The Bible says it.  Christ said in the Bible that His law is not to be destroyed. We should worship every day! But we cannot keep every day holy as Lord did bless, sanctify and hollow the Sabbath day. The Sabbath was made for us. It's not about brownie points.  It's about loving God and keeping His commandments. Christ is instructed us to do so, live it and thus, so should we. In fact, even when Christ died, He RESTED on the Sabbath and arose on Sunday. When you think about it, that in itself is a testament to the importance of the Sabbath. It's wonderful that we have an entire God-given day to commune with the Lord. 

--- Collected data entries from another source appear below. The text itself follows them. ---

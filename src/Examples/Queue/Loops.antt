-- ===== src/Examples/Queue/Loops.antt =====
-- The two loops, and the program from its queue on.
use ohmylib.Prelude.{
  ℕ, suc, ◌+◌, ◌^◌, ◌<◌, ◌≡◌, ◌≢◌, refl, sym, ap, ap₂, ◌∙◌, arith, Bool-cases, inl, inr, some, List,
  [], ◌∷◌, ◌++◌, append_assoc, append-nil, ◌==◌, ==_false, length, length-append,
}
use mathlib.Core.List.{map}
use mathlib.Core.Path.{subst}
use ohmylib.Prelude.Int.{pos}
use ohmylib.Prelude.Words.{load_pointer}
use ohmylib.Queue.State.{Shared, returns, fails, enospc, eagain}
use ohmylib.Queue.Transfer.{queue_send, queue_recv}
use ohmylib.Examples.Vector.{Values, store}
use ohmylib.Examples.Vector.Filling.{IsFresh, numbered, store_self}
use ohmylib.Examples.Queue.{
  Event, prints, frees, alone, q_stat, SendRound, SendEnd, send_done, shared_of, send_loop,
  RecvRound, recv_loop,
}
use ohmylib.Examples.Queue.Keeping.{with_pointer}
use ohmylib.Examples.Queue.Filling.{TimesOut, Holds, Holds-with_pointer, send_room, send_full}
use ohmylib.Examples.Queue.Emptying.{recv_more, recv_none}

abbrev pub printed : List Event → List ℕ
printed [] = []
printed (prints v ∷ es) = v ∷ printed es
printed (e ∷ es) = printed es

abbrev pub freed : List Event → List ℕ
freed [] = []
freed (frees q ∷ es) = q ∷ freed es
freed (e ∷ es) = freed es

abbrev pub pointers : List SendRound → List ℕ
pointers [] = []
pointers (r ∷ rs) = r.calloc_ret ∷ pointers rs

-- calloc gives a new struct each time.
abbrev pub Allocates : List SendRound → Type 0
Allocates [] = Unit
Allocates (r ∷ rs) =
    (r.calloc_ret ≢ 0)
    × (r.calloc_ret < 256 ^ 8)
    × IsFresh r.calloc_ret (pointers rs)
    × Allocates rs

-- A send that answers 0, and one that finds no room.
send_step :
    (p i : ℕ) (r : SendRound) (rs : List SendRound) (s : Shared) (vals : Values)
    → r.calloc_ret ≢ 0
    → let s' = with_pointer p r.calloc_ret s in
      let o = queue_send r.now (alone s' r.waits) (some s') p (pos 1000) in
      let rest = send_loop p rs (suc i) (shared_of s' o) (store r.calloc_ret (i + 1) vals) in
      o.reply ≡ some (returns (pos 0))
      → (printed (send_loop p (r ∷ rs) i s vals).0 ≡ printed rest.0)
        × (freed (send_loop p (r ∷ rs) i s vals).0 ≡ freed rest.0)
        × ((send_loop p (r ∷ rs) i s vals).1 ≡ rest.1)
unfolding send_loop q_stat
send_step p i r rs s vals ne e = elim (Bool-cases (i == 3)) [
  | inl f ↦ rw (==_false r.calloc_ret 0 ne, e, f) (refl, refl, refl)
  | inr f ↦ rw (==_false r.calloc_ret 0 ne, e, f) (refl, refl, refl)
]

send_last :
    (p i : ℕ) (r : SendRound) (rs : List SendRound) (s : Shared) (vals : Values)
    → r.calloc_ret ≢ 0
    → let s' = with_pointer p r.calloc_ret s in
      let o = queue_send r.now (alone s' r.waits) (some s') p (pos 1000) in
      o.reply ≡ some (fails enospc)
      → o.shared ≡ some s'
      → (printed (send_loop p (r ∷ rs) i s vals).0 ≡ [])
        × (freed (send_loop p (r ∷ rs) i s vals).0 ≡ r.calloc_ret ∷ [])
        × ((send_loop p (r ∷ rs) i s vals).1 ≡ send_done s' (store r.calloc_ret (i + 1) vals))
unfolding send_loop q_stat
send_last p i r rs s vals ne e l = elim (Bool-cases (i == 3)) [
  | inl f ↦ rw (==_false r.calloc_ret 0 ne, e, f, l) (refl, refl, refl)
  | inr f ↦ rw (==_false r.calloc_ret 0 ne, e, f, l) (refl, refl, refl)
]

pub pointers-snoc :
    (rs : List SendRound) (r : SendRound)
    → pointers (rs ++ (r ∷ [])) ≡ pointers rs ++ (r.calloc_ret ∷ [])
pointers-snoc [] r = refl
pointers-snoc (q ∷ rs) r = ap (λ ps. q.calloc_ret ∷ ps) (pointers-snoc rs r)

-- What the first loop leaves: a queue of all pointers but the last, and the values of all.
abbrev pub Fills :
    ℕ → ℕ → ℕ → List ℕ → ℕ → List SendRound → ℕ → Values → List Event × SendEnd → Type 0
Fills p b n ptrs i rs last vals (es, end) =
    (printed es ≡ [])
    × (freed es ≡ last ∷ [])
    × ((s' : Shared) × (vals' : Values) × (end ≡ send_done s' vals')
        × Holds p b n s' (ptrs ++ pointers rs)
        × (map vals' (pointers rs) ≡ numbered i (length rs))
        × ((a : ℕ) → IsFresh a (pointers rs ++ (last ∷ [])) → vals' a ≡ vals a))

pub send_loop_lem :
    (p b n : ℕ) (rs : List SendRound) (r : SendRound) (later : List SendRound) (i : ℕ) (s : Shared)
    (ptrs : List ℕ) (vals : Values)
    → Holds p b n s ptrs
    → length ptrs + length rs ≡ n
    → Allocates (rs ++ (r ∷ []))
    → TimesOut r.waits
    → Fills p b n ptrs i rs r.calloc_ret vals (send_loop p (rs ++ (r ∷ later)) i s vals)
send_loop_lem p b n [] r later i s ptrs vals h full al out =
    let (replied, left) =
      send_full p b n s ptrs h r.now r.waits r.calloc_ret out (omega (arith, full)) in
    let (none_printed, one_freed, end) = send_last p i r later s vals al.0 replied left in
    (
      none_printed,
      one_freed,
      (
        with_pointer p r.calloc_ret s,
        store r.calloc_ret (i + 1) vals,
        end,
        subst (λ ps. Holds p b n (with_pointer p r.calloc_ret s) ps) (sym (append-nil ptrs))
            (Holds-with_pointer p b n s ptrs h r.calloc_ret),
        refl,
        λ a fresh. rw (==_false a r.calloc_ret (λ e. fresh.0 (sym e))) refl,
      ),
    )
send_loop_lem p b n (q ∷ rs) r later i s ptrs vals h full al out =
    let c = q.calloc_ret in
    let vals1 = store c (i + 1) vals in
    let o =
      queue_send q.now (alone (with_pointer p c s) q.waits) (some (with_pointer p c s)) p
        (pos 1000) in
    let t = shared_of (with_pointer p c s) o in
    let (replied, holds) = send_room p b n s ptrs h q.now q.waits c (omega (arith, full)) in
    let (same_printed, same_freed, same_end) =
      send_step p i q (rs ++ (r ∷ later)) s vals al.0 replied in
    let (none_printed, one_freed, rest) =
      send_loop_lem p b n rs r later (suc i) t (ptrs ++ (c ∷ [])) vals1 holds
        (omega (arith, full, length-append ptrs (c ∷ []))) al.3 out in
    let (s', vals', end, held, values, kept) = rest in
    let fresh : IsFresh c (pointers rs ++ (r.calloc_ret ∷ [])) =
      subst (IsFresh c) (pointers-snoc rs r) al.2 in
    (
      same_printed ∙ none_printed,
      same_freed ∙ one_freed,
      (
        s',
        vals',
        same_end ∙ end,
        subst (λ ps. Holds p b n s' ps) (append_assoc ptrs (c ∷ []) (pointers rs)) held,
        ap₂ ◌∷◌ (kept c fresh ∙ store_self vals c (i + 1)) values,
        λ a (other, others). kept a others ∙ rw (==_false a c (λ e. other (sym e))) refl,
      ),
    )

recv_step :
    (p : ℕ) (q : RecvRound) (rs : List RecvRound) (s : Shared) (vals : Values)
    → let s' = with_pointer p 0 s in
      let o = queue_recv q.now (alone s' q.waits) (some s') p (pos 1000) in
      let t = shared_of s' o in
      let v = load_pointer p t.memory in
      let rest = recv_loop p rs t vals in
      o.reply ≡ some (returns (pos 0))
      → recv_loop p (q ∷ rs) s vals ≡ (prints (vals v) ∷ frees v ∷ rest.0, rest.1)
unfolding recv_loop
recv_step p q rs s vals e = rw (e, recv_loop) refl

recv_last :
    (p : ℕ) (q : RecvRound) (rs : List RecvRound) (s : Shared) (vals : Values)
    → let s' = with_pointer p 0 s in
      let o = queue_recv q.now (alone s' q.waits) (some s') p (pos 1000) in
      o.reply ≡ some (fails eagain)
      → o.shared ≡ some s'
      → recv_loop p (q ∷ rs) s vals ≡ ([], some s')
unfolding recv_loop
recv_last p q rs s vals e l = rw (e, l, recv_loop) refl

abbrev pub AreSmall : List ℕ → Type 0
AreSmall [] = Unit
AreSmall (v ∷ vs) = (v < 256 ^ 8) × AreSmall vs

pub recv_loop_lem :
    (p b n : ℕ) (rs : List RecvRound) (r : RecvRound) (later : List RecvRound) (s : Shared)
    (ptrs : List ℕ) (vals : Values)
    → Holds p b n s ptrs
    → length ptrs ≡ length rs
    → AreSmall ptrs
    → TimesOut r.waits
    → let (es, end) = recv_loop p (rs ++ (r ∷ later)) s vals in
      (printed es ≡ map vals ptrs)
      × (freed es ≡ ptrs)
      × ((t : Shared) × (end ≡ some t) × Holds p b n t [])
recv_loop_lem p b n [] r later s [] vals h e small out =
    let (replied, left) = recv_none p b n s r.now r.waits h out in
    rw (recv_last p r later s vals replied left)
      (refl, refl, (with_pointer p 0 s, refl, Holds-with_pointer p b n s [] h 0))
recv_loop_lem p b n [] r later s (v ∷ ptrs) vals h e small out = absurd (omega (arith, e))
recv_loop_lem p b n (q ∷ rs) r later s [] vals h e small out = absurd (omega (arith, e))
recv_loop_lem p b n (q ∷ rs) r later s (v ∷ ptrs) vals h e small out =
    let (replied, holds, loaded) = recv_more p b n s q.now q.waits v ptrs h small.0 in
    let o =
      queue_recv q.now (alone (with_pointer p 0 s) q.waits) (some (with_pointer p 0 s)) p
        (pos 1000) in
    let (same_printed, same_freed, rest) =
      recv_loop_lem p b n rs r later (shared_of (with_pointer p 0 s) o) ptrs vals holds
        (omega (arith, e)) small.1 out in
    rw (recv_step p q (rs ++ (r ∷ later)) s vals replied)
      (ap₂ ◌∷◌ (ap vals loaded) same_printed, ap₂ ◌∷◌ loaded same_freed, rest)
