-- ===== src/Examples/Multithreaded/State.antt =====
-- What the threads of examples/queue_multithreaded/main.c share, and where they stand.
use ohmylib.Prelude.{ℕ, Bool, true, false, Option, none, some, List, ◌==◌, if◌then◌else◌}
use ohmylib.Prelude.Int.{ℤ}
use ohmylib.Queue.State.{Shared}
use ohmylib.Queue.Deadline.{Timespec}
use ohmylib.Examples.Vector.{Values}

-- The threads that main creates.
pub data Reader : Type 0 where
  first second : Reader

-- What is printed of the queue's use; `pushed` stands for a queue_send that returned 0.
pub data Event : Type 0 where
  pushed failed_to_push : ℕ → Event
  got : Reader → ℕ → Event
  got_nothing : Reader → Event

-- Where main stands: at the head of a loop, in a wait with its pointer and its deadline, at the call
-- of queue_empty_wait, or at an end.
pub data MainAt : Type 0 where
  looping : MainAt
  in_queue_send : ℕ → Timespec → MainAt
  at_queue_empty_wait : MainAt
  returned : ℤ → MainAt

-- Where a reader stands.
pub data ReaderAt : Type 0 where
  not_created running : ReaderAt
  in_queue_recv : Timespec → ReaderAt
  received : ℕ → ReaderAt

-- `values` is the field `idx` by address, `live` the blocks that calloc gave and free did not take
-- back, and `log` stands oldest first.
pub record Process : Type 0 where
  pub shared : Shared
  pub values : Values
  pub live : ℕ → Bool
  pub i : ℕ
  pub main : MainAt
  pub readers : Reader → ReaderAt
  pub log : List Event

abbrev pub is_reader : Reader → Reader → Bool
is_reader first first = true
is_reader first second = false
is_reader second first = false
is_reader second second = true

unfoldable pub set_reader : Reader → ReaderAt → (Reader → ReaderAt) → Reader → ReaderAt
set_reader k r readers j = if is_reader j k then r else readers j

abbrev pub set_live : ℕ → Bool → (ℕ → Bool) → ℕ → Bool
set_live p v live a = if a == p then v else live a

-- What a reader has received and not printed.
abbrev pub hand : ReaderAt → Option ℕ
hand not_created = none
hand running = none
hand (in_queue_recv ts) = none
hand (received e) = some e
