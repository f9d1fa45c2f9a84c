-- ===== src/Examples/Multithreaded/Delivery.antt =====
-- What the program has delivered: where every element is between its send and its print.
use ohmylib.Prelude.{
  ℕ, zero, suc, ◌+◌, ◌*◌, ◌^◌, ◌≤◌, ◌<◌, ◌≡◌, refl, sym, ap, ap₂, ◌∙◌, arith, Option, none, some,
  List, [], ◌∷◌, ◌++◌, append_assoc, append-nil, ◌==◌, Memory, if◌then◌else◌, read_bytes,
  Bool-cases, inl, inr,
}
use mathlib.Core.List.{map}
use ohmylib.Prelude.Words.{bytes}
use ohmylib.Examples.Vector.{Values, store}
use ohmylib.Examples.Queue.Keeping.{Keeps}
use ohmylib.Examples.Queue.Loops.{AreSmall}
use ohmylib.Examples.Multithreaded.State.{
  Reader, first, second, is_reader, Event, pushed, failed_to_push, got, got_nothing, MainAt,
  looping, in_queue_send, at_queue_empty_wait, returned, ReaderAt, hand, Process,
}

-- What the events of a log say, one after the other.
abbrev pub collect {ℓ} : {A : Type ℓ} → (Event → List A) → List Event → List A
collect f [] = []
collect f (e ∷ es) = f e ++ collect f es

abbrev pub pushed_in : Event → List ℕ
pushed_in (pushed i) = i ∷ []
pushed_in (failed_to_push i) = []
pushed_in (got k i) = []
pushed_in (got_nothing k) = []

abbrev pub attempted_in : Event → List ℕ
attempted_in (pushed i) = i ∷ []
attempted_in (failed_to_push i) = i ∷ []
attempted_in (got k i) = []
attempted_in (got_nothing k) = []

abbrev pub got_in : Reader → Event → List ℕ
got_in j (pushed i) = []
got_in j (failed_to_push i) = []
got_in j (got k i) = if is_reader j k then i ∷ [] else []
got_in j (got_nothing k) = []

-- The numbers below a bound, from 0 on.
abbrev pub numbers : ℕ → List ℕ
numbers zero = []
numbers (suc n) = numbers n ++ (n ∷ [])

-- Of the elements taken from the queue, those that a reader took.
abbrev pub taken_by : Reader → List (Reader × ℕ) → List ℕ
taken_by j [] = []
taken_by j ((k, i) ∷ ts) = if is_reader j k then i ∷ taken_by j ts else taken_by j ts

abbrev pub indices : List (Reader × ℕ) → List ℕ
indices [] = []
indices ((k, i) ∷ ts) = i ∷ indices ts

abbrev pub to_list {ℓ} : {A : Type ℓ} → Option A → List A
to_list none = []
to_list (some a) = a ∷ []

-- The index that a reader has received and not printed.
abbrev pub in_hand : Reader → Process → List ℕ
in_hand k y = map y.values (to_list (hand (y.readers k)))

-- The pointer that main waits to send.
abbrev pub to_send : MainAt → List ℕ
to_send looping = []
to_send (in_queue_send e ts) = e ∷ []
to_send at_queue_empty_wait = []
to_send (returned v) = []

abbrev pub occurs : ℕ → List ℕ → ℕ
occurs x [] = 0
occurs x (p ∷ ps) = if p == x then suc (occurs x ps) else occurs x ps

-- How often a pointer is with a thread or in the queue.
abbrev pub held : ℕ → MainAt → (Reader → ReaderAt) → List ℕ → ℕ
held x main readers ptrs =
    occurs x (to_send main)
    + (occurs x (to_list (hand (readers first))) + occurs x (to_list (hand (readers second))))
    + occurs x ptrs

-- What holds where main stands.
abbrev pub AtMain : ℕ → MainAt → Values → Memory → ℕ → ℕ → List ℕ → Type 0
AtMain n looping vals m i p ptrs = Unit
AtMain n (in_queue_send e ts) vals m i p ptrs =
    (vals e ≡ i) × (e < 256 ^ 8) × (read_bytes m p 8 ≡ bytes 8 e)
AtMain n at_queue_empty_wait vals m i p ptrs = i ≡ 2 * n
AtMain n (returned v) vals m i p ptrs = Unit

-- The queue over the buffer at `b` holds `ptrs`, and the readers took `taken`, oldest first.
pub record Delivers (n b p_main : ℕ) (y : Process) (ptrs : List ℕ) (taken : List (Reader × ℕ))
    : Type 0 where
  pub keeps : Keeps b n y.shared ptrs
  pub order : collect pushed_in y.log ≡ indices taken ++ map y.values ptrs
  pub owned : (k : Reader) → taken_by k taken ≡ collect (got_in k) y.log ++ in_hand k y
  pub attempts : collect attempted_in y.log ≡ numbers y.i
  pub small : AreSmall ptrs
  pub apart : (x : ℕ) → held x y.main y.readers ptrs ≤ (if y.live x then 1 else 0)
  pub at_main : AtMain n y.main y.values y.shared.memory y.i p_main ptrs

pub collect-append {ℓ} :
    {A : Type ℓ} (f : Event → List A) (es fs : List Event)
    → collect f (es ++ fs) ≡ collect f es ++ collect f fs
collect-append f [] fs = refl
collect-append f (e ∷ es) fs =
    ap (λ xs. f e ++ xs) (collect-append f es fs) ∙ sym (append_assoc (f e) _ _)

-- One event more.
pub collect_one {ℓ} :
    {A : Type ℓ} (f : Event → List A) (es : List Event) (e : Event)
    → collect f (es ++ (e ∷ [])) ≡ collect f es ++ f e
collect_one f es e = collect-append f es (e ∷ []) ∙ ap (λ xs. collect f es ++ xs) (append-nil (f e))

-- One event that says nothing.
pub collect_none {ℓ} :
    {A : Type ℓ} (f : Event → List A) (es : List Event) (e : Event)
    → f e ≡ []
    → collect f (es ++ (e ∷ [])) ≡ collect f es
collect_none f es e none_said =
    collect_one f es e ∙ ap (λ xs. collect f es ++ xs) none_said ∙ append-nil (collect f es)

pub taken_by-append :
    (j : Reader) (ts us : List (Reader × ℕ))
    → taken_by j (ts ++ us) ≡ taken_by j ts ++ taken_by j us
taken_by-append j [] us = refl
taken_by-append j ((k, i) ∷ ts) us = elim (Bool-cases (is_reader j k)) [
  | inl e ↦ rw e (ap (λ xs. i ∷ xs) (taken_by-append j ts us))
  | inr e ↦ rw e (taken_by-append j ts us)
]

pub indices-append : (ts us : List (Reader × ℕ)) → indices (ts ++ us) ≡ indices ts ++ indices us
indices-append [] us = refl
indices-append ((k, i) ∷ ts) us = ap (λ xs. i ∷ xs) (indices-append ts us)

pub occurs-append : (x : ℕ) (ps qs : List ℕ) → occurs x (ps ++ qs) ≡ occurs x ps + occurs x qs
occurs-append x [] qs = omega arith
occurs-append x (p ∷ ps) qs = let rest = occurs-append x ps qs in ground arith

-- A store to a struct that is not among those of a list.
pub map-store :
    (e v : ℕ) (vals : Values) (ps : List ℕ)
    → occurs e ps ≡ 0
    → map (store e v vals) ps ≡ map vals ps
map-store e v vals [] h = refl
map-store e v vals (p ∷ ps) h = ap₂ ◌∷◌ (ground arith) (map-store e v vals ps (ground arith))

pub AreSmall-snoc : (ps : List ℕ) (v : ℕ) → AreSmall ps → v < 256 ^ 8 → AreSmall (ps ++ (v ∷ []))
AreSmall-snoc [] v h k = (k, tt)
AreSmall-snoc (p ∷ ps) v h k = (h.0, AreSmall-snoc ps v h.1 k)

Sunday worship, not Christianity, started with Constantine and the Catholic church.  I understand why most Protestant churches keep Sunday today but that is not based on Biblical instruction.


----------



## Ms.Honey (May 16, 2008)

divya said:


> The Bible says it. Christ said in the Bible that His law is not to be destroyed. We should worship every day! But we cannot keep every day holy as Lord did bless, sanctify and hollow the Sabbath day. The Sabbath was made for us. It's not about brownie points. It's about loving God and keeping His commandments. Christ is instructed us to do so, live it and thus, so should we. In fact, even when Christ died, He RESTED on the Sabbath and arose on Sunday. When you think about it, that in itself is a testament to the importance of the Sabbath. It's wonderful that we have an entire God-given day to commune with the Lord.
> 
> Sunday worship, not Christianity, started with Constantine and the Catholic church. I understand why most Protestant churches keep Sunday today but that is not based on Biblical instruction.


 
 What makes you believe that NO ONE worshipped on Sunday's until the Catholics and Constantine said it was ok to do so. 
 Jesus did NOT rest on the sabbath. He took captivity captive and preached the gospel to the saints in Abraham's Bossom/paradise, that's work not rest. He also talked about keeping the Sabbath in the gospels Matthew12:1-14. The Jews were accusing Him of not keeping the sabbath holy. The sabbath of the O.T. was about far more than church services being held on that day. Do you keep the sabbath they way the Lord instructed in the O.T. completely? You may wan to read *Acts 15* also. The Lord spoke of gving us another rest in the O.T. and we recieved that with Jesus' sacrifice. He that keepeth the law must abide by the WHOLE law. I thank the Father that I'm saved by His Grace through His Son Jesus not through the law which no man can keep.


----------



## envybeauty (May 16, 2008)

Just asking:

Wasn't he a Jew and don't Jews take their sabbath from Friday night to Saturday night?  So did he consider Sunday the sabbath?  I mean ...if he went to temple (Jewish temple), then wouldn't he have gone Friday/Saturday? 

Anyone know?



MSHONEY said:


> What makes you believe that NO ONE worshipped on Sunday's until the Catholics and Constantine said it was ok to do so.
> Jesus did NOT rest on the sabbath. He took captivity captive and preached the gospel to the saints in Abraham's Bossom/paradise, that's work not rest. He also talked about keeping the Sabbath in the gospels Matthew12:1-14. The Jews were accusing Him of not keeping the sabbath holy. The sabbath of the O.T. was about far more than church services being held on that day. Do you keep the sabbath they way the Lord instructed in the O.T. completely? You may wan to read *Acts 15* also. The Lord spoke of gving us another rest in the O.T. and we recieved that with Jesus' sacrifice. He that keepeth the law must abide by the WHOLE law. I thank the Father that I'm saved by His Grace through His Son Jesus not through the law which no man can keep.


----------



## divya (May 16, 2008)

MSHONEY said:


> What makes you believe that NO ONE worshipped on Sunday's until the Catholics and Constantine said it was ok to do so.
> Jesus did NOT rest on the sabbath. He took captivity captive and preached the gospel to the saints in Abraham's Bossom/paradise, that's work not rest. He also talked about keeping the Sabbath in the gospels Matthew12:1-14. The Jews were accusing Him of not keeping the sabbath holy. The sabbath of the O.T. was about far more than church services being held on that day. Do you keep the sabbath they way the Lord instructed in the O.T. completely? You may wan to read *Acts 15* also. The Lord spoke of gving us another rest in the O.T. and we recieved that with Jesus' sacrifice. He that keepeth the law must abide by the WHOLE law. I thank the Father that I'm saved by His Grace through His Son Jesus not through the law which no man can keep.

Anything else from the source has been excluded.